Hey ROOMAN is right on. My car is a hardtail with torsion front. Air pressure was 8 lbs. this past weekend and went 5.67 to the 1/8 fastest ever. How old are the tires They might look ok but the sidewalls might be wore out. good luck
I want to thank everybody for the great input. Based on the input and research I received; I will check the rear, and chassis for square. I will allign the front suspension since I do suspect an allignment problem. I will also track down some scales and check weight distribution. I'll check wheel roll out this weekend. Dont expect a problem here since they are new tires. The rear is a Dana 60 w/ spool. Wheelie bars are 2 wheeled and springloaded. I'm told the springs need to go away. Recommendations? Car is not currently leaving off the bars. We are only launching at 3200 to ensure everything is working first. S&W recommends I check the chassis preload. They indicated that the car should be lifted at center of the front crossmember. The right front tire should come off the ground 1/2 inch prior to the left. If not, preload is not correct. How would you correct this? Ballast? Movement of engine/drivetrain?. I'll keep everybody posted as I work this out. Once again, thank you!

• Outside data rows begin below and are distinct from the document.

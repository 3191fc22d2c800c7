-- ===== src/Adaptor/Data.antt =====
-- Multiplying interleaved data with a matrix: `ambix_matrix_multiply_float32` and `_float64` of
-- libambix/src/matrix.c, generic in the sample type and in the arithmetic: both sum in double here, while the adaptor
-- of float32_t sums in float32_t.
use libambix.Base.{
  ◌≤◌, ◌∙◌, ◌∷◌, length, frames_from, frames_congr, ℕ, zero, suc, ◌+◌, ◌*◌, ◌≡◌, refl, ap, arith,
  List, [], ◌++◌, get_elem?, Outcome, done, ◌>>=◌, access, collect,
}
use libambix.Matrix.{Accumulator, Matrix, read, sum_loop}
use libambix.Adaptor.{mix_frame, transfer, merge_matrix_from, merge_adaptor_matrix}
use libambix.Adaptor.Mixed.{mixed, merge_adaptor_matrix-table}

module _ {F T S : Type 0} (acc : Accumulator F T S) where
  -- The frames from `frame` on.
  unfoldable pub multiply_data_from : Matrix F → List T → (left frame : ℕ) → Outcome (List T)
  multiply_data_from m source zero frame = done []
  multiply_data_from m source (suc left) frame = do
    dst ← collect m.rows 0 (λ outchan.
        sum_loop acc m.cols (read m outchan)
          (λ inchan. access (get_elem? source (frame * m.cols + inchan))))
    rest ← multiply_data_from m source left (frame + 1)
    done (dst ++ rest)

  unfoldable pub multiply_data : Matrix F → List T → (frames : ℕ) → Outcome (List T)
  multiply_data m source frames = multiply_data_from m source frames 0

  data_frame :
      (m : Matrix F) (source : List T) (frame : ℕ)
      → collect m.rows 0 (λ outchan.
        sum_loop acc m.cols
          (read m outchan)
          (λ inchan. access (get_elem? source (frame * m.cols + inchan))))
        ≡ mix_frame acc m source (m.cols * frame)
  unfolding mix_frame
  data_frame m source frame =
      ap
        (λ k. collect m.rows 0 (λ outchan.
          sum_loop acc m.cols (read m outchan) (λ inchan. access (get_elem? source (k + inchan)))))
        {x = frame * m.cols} {y = m.cols * frame} (omega arith)

  multiply_data_from-merge_matrix_from :
      (m : Matrix F) (source : List T) (left frame : ℕ)
      → multiply_data_from m source left frame ≡ merge_matrix_from acc source m [] 0 left frame
  unfolding multiply_data_from merge_matrix_from transfer
  multiply_data_from-merge_matrix_from m source zero frame = refl
  multiply_data_from-merge_matrix_from m source (suc left) frame =
      rw (data_frame m source frame, multiply_data_from-merge_matrix_from m source left (frame + 1))
        refl

  append_nothing : (xs : List T) → xs ++ [] ≡ xs
  append_nothing [] = refl
  append_nothing (x ∷ xs) = ap (λ l. x ∷ l) (append_nothing xs)

  -- Multiplying data of at least the frames of a matrix's columns reads nothing behind it, and gives for each
  -- frame the sums of products of the rows of the matrix with the samples of the frame.
  pub multiply_data-table :
      (m : Matrix F) (d : T) (source : List T) (frames : ℕ)
      → m.cols * frames ≤ length source
      → multiply_data m source frames
        ≡ done (frames_from frames 0 (λ f. mixed acc m d source (m.cols * f)))
  unfolding multiply_data merge_adaptor_matrix
  multiply_data-table m d source frames enough =
      multiply_data_from-merge_matrix_from m source frames 0
      ∙ merge_adaptor_matrix-table acc m d source [] 0 frames enough (omega arith)
      ∙ ap done (
          frames_congr frames 0 _ _ (λ f lo hi. append_nothing (mixed acc m d source (m.cols * f))))
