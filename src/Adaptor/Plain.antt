-- ===== src/Adaptor/Plain.antt =====
-- Splitting and merging without a matrix: the two are inverse, and stay inside their buffers.
use libambix.Base.{
  ℕ, zero, suc, ◌+◌, ◌-◌, ◌*◌, ◌≤◌, ◌≡◌, refl, sym, ap, ◌∙◌, arith, List, [], ◌∷◌, ◌++◌, length,
  length-append, take, drop, length-take, length-drop, take-append-drop, done,
}
use libambix.Adaptor.{transfer, split_adaptor, merge_adaptor}

module _ {T : Type 0} where
  -- A list of at least `n` entries, cut behind the first `n`.
  record Cut (n m : ℕ) (xs : List T) : Type 0 where
    front : List T
    back : List T
    joins : xs ≡ front ++ back
    front_length : length front ≡ n
    back_length : length back ≡ m

  cut : (n m : ℕ) (xs : List T) → length xs ≡ n + m → Cut n m xs
  cut n m xs e = record {
    front = take n xs;
    back = drop n xs;
    joins = sym (take-append-drop n xs);
    front_length = length-take n xs (omega arith);
    back_length = omega (arith, length-drop n xs);
  }

  pub transfer-append : (xs ys : List T) → transfer (length xs) (xs ++ ys) ≡ done (ys, xs)
  unfolding transfer
  transfer-append [] ys = refl
  transfer-append (x ∷ xs) ys = rw (transfer-append xs ys)

  pub transfer_front :
      (n : ℕ) (xs ys : List T) → length xs ≡ n → transfer n (xs ++ ys) ≡ done (ys, xs)
  transfer_front n xs ys e = ap (λ k. transfer k (xs ++ ys)) (sym e) ∙ transfer-append xs ys

  nothing_left : (xs : List T) → length xs ≡ 0 → xs ≡ []
  nothing_left [] e = refl
  nothing_left (x ∷ xs) e = absurd (omega arith)

  -- One frame of `a` and `b` in front of the rest.
  split_frame :
      (a b source : List T) (sc ac f : ℕ) {rest : List T × List T}
      → length a ≡ ac
      → length b ≡ sc - ac
      → split_adaptor source sc ac f ≡ done rest
      → split_adaptor (a ++ (b ++ source)) sc ac (suc f) ≡ done (a ++ rest.0, b ++ rest.1)
  unfolding split_adaptor
  split_frame a b source sc ac f ea eb e =
      rw (transfer_front ac a (b ++ source) ea, transfer_front (sc - ac) b source eb, e)

  pub merge_frame :
      (a b source1 source2 : List T) (c1 c2 f : ℕ) {rest : List T}
      → length a ≡ c1
      → length b ≡ c2
      → merge_adaptor source1 c1 source2 c2 f ≡ done rest
      → merge_adaptor (a ++ source1) c1 (b ++ source2) c2 (suc f) ≡ done (a ++ (b ++ rest))
  unfolding merge_adaptor
  merge_frame a b source1 source2 c1 c2 f ea eb e =
      rw (transfer_front c1 a source1 ea, transfer_front c2 b source2 eb, e)

  -- Merging two channel sets of exactly `frames` frames each succeeds, gives as many frames of all channels,
  -- and splitting those at the first set gives both sets back.
  pub split_adaptor-merge_adaptor :
      (ambi other : List T) (ambichannels otherchannels frames : ℕ)
      → length ambi ≡ ambichannels * frames
      → length other ≡ otherchannels * frames
      → (merged : List T) × (merge_adaptor ambi ambichannels other otherchannels frames
          ≡ done merged)
        × (length merged ≡ (ambichannels + otherchannels) * frames)
        × (split_adaptor merged (ambichannels + otherchannels) ambichannels frames
            ≡ done (ambi, other))
  split_adaptor-merge_adaptor ambi other ac oc zero p q = (
    [],
    unfold merge_adaptor in refl,
    omega arith,
    unfold split_adaptor in rw (nothing_left ambi (omega arith), nothing_left other (omega arith)),
  )
  split_adaptor-merge_adaptor ambi other ac oc (suc f) p q =
      let a = cut ac (ac * f) ambi (omega arith) in
      let b = cut oc (oc * f) other (omega arith) in
      let (merged, e, l, back) =
        split_adaptor-merge_adaptor a.back b.back ac oc f a.back_length b.back_length in
      (
        a.front ++ (b.front ++ merged),
        rw (a.joins, b.joins)
            (merge_frame a.front b.front a.back b.back ac oc f a.front_length b.front_length e),
        omega (
          arith,
          length-append {0} a.front (b.front ++ merged),
          length-append {0} b.front merged,
          a.front_length,
          b.front_length,
        ),
        rw (a.joins, b.joins)
            (split_frame a.front b.front merged (ac + oc) ac f a.front_length
              (omega (arith, b.front_length)) back),
      )

  -- Splitting a source of exactly `frames` frames at one of its channels succeeds, fills both sets with as many frames of their
  -- channels, and merging the sets gives the source back.
  pub merge_adaptor-split_adaptor :
      (source : List T) (sourcechannels ambichannels frames : ℕ)
      → ambichannels ≤ sourcechannels
      → length source ≡ sourcechannels * frames
      → (ambi other : List T) × (split_adaptor source sourcechannels ambichannels frames
          ≡ done (ambi, other))
        × (length ambi ≡ ambichannels * frames)
        × (length other ≡ (sourcechannels - ambichannels) * frames)
        × (merge_adaptor ambi ambichannels other (sourcechannels - ambichannels) frames
            ≡ done source)
  merge_adaptor-split_adaptor source sc ac zero le p = (
    [],
    [],
    unfold split_adaptor in refl,
    omega arith,
    omega arith,
    unfold merge_adaptor in rw (nothing_left source (omega arith)),
  )
  merge_adaptor-split_adaptor source sc ac (suc f) le p =
      let a = cut ac (sc - ac + sc * f) source (omega arith) in
      let b = cut (sc - ac) (sc * f) a.back a.back_length in
      let whole : source ≡ a.front ++ (b.front ++ b.back) = a.joins ∙ ap (◌++◌ a.front) b.joins in
      let (ambi, other, e, la, lo, back) =
        merge_adaptor-split_adaptor b.back sc ac f le b.back_length in
      (
        a.front ++ ambi,
        b.front ++ other,
        ap (λ s. split_adaptor s sc ac (suc f)) whole
            ∙ split_frame a.front b.front b.back sc ac f a.front_length b.front_length e,
        omega (arith, length-append {0} a.front ambi, a.front_length),
        omega (arith, length-append {0} b.front other, b.front_length),
        merge_frame a.front b.front ambi other ac (sc - ac) f a.front_length b.front_length back
            ∙ ap done (sym whole),
      )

When I worked on fuel cars for a living and wanted to check things at the track we used to jack the chassis under the center of the rear end with a large deep well socket on the jack pad aligned with the longitudinal axis of the car. That will allow the car to roll freely as you raise it. The left rear should come off the ground first. ie the right side should have some pre-load. Fixing the pre-load is a little difficult on a rigid chassis if you don't have the adjustable height spindles. If you have adjustable A-arms you can fix it by lowering or raising the appropriate wheel. The preload is more important than the camber. Even if the tires are new you must check the roll out unless the dealer made sure that they were a matched set before selling them, and probably even if he did because they can change after a heat cycle or two. Definitely make the wheelie bars rigid rather than sprung. Replacing the springs with a sleeve is probably the quickest way. A low priority item until you are leaving on the bars. Again, some pix of the car would help so that we know the basic configuration. Roo
Rooman, check my public profile. I have some before and after pics. I will provide more detailed photos of the chassis in the next few days.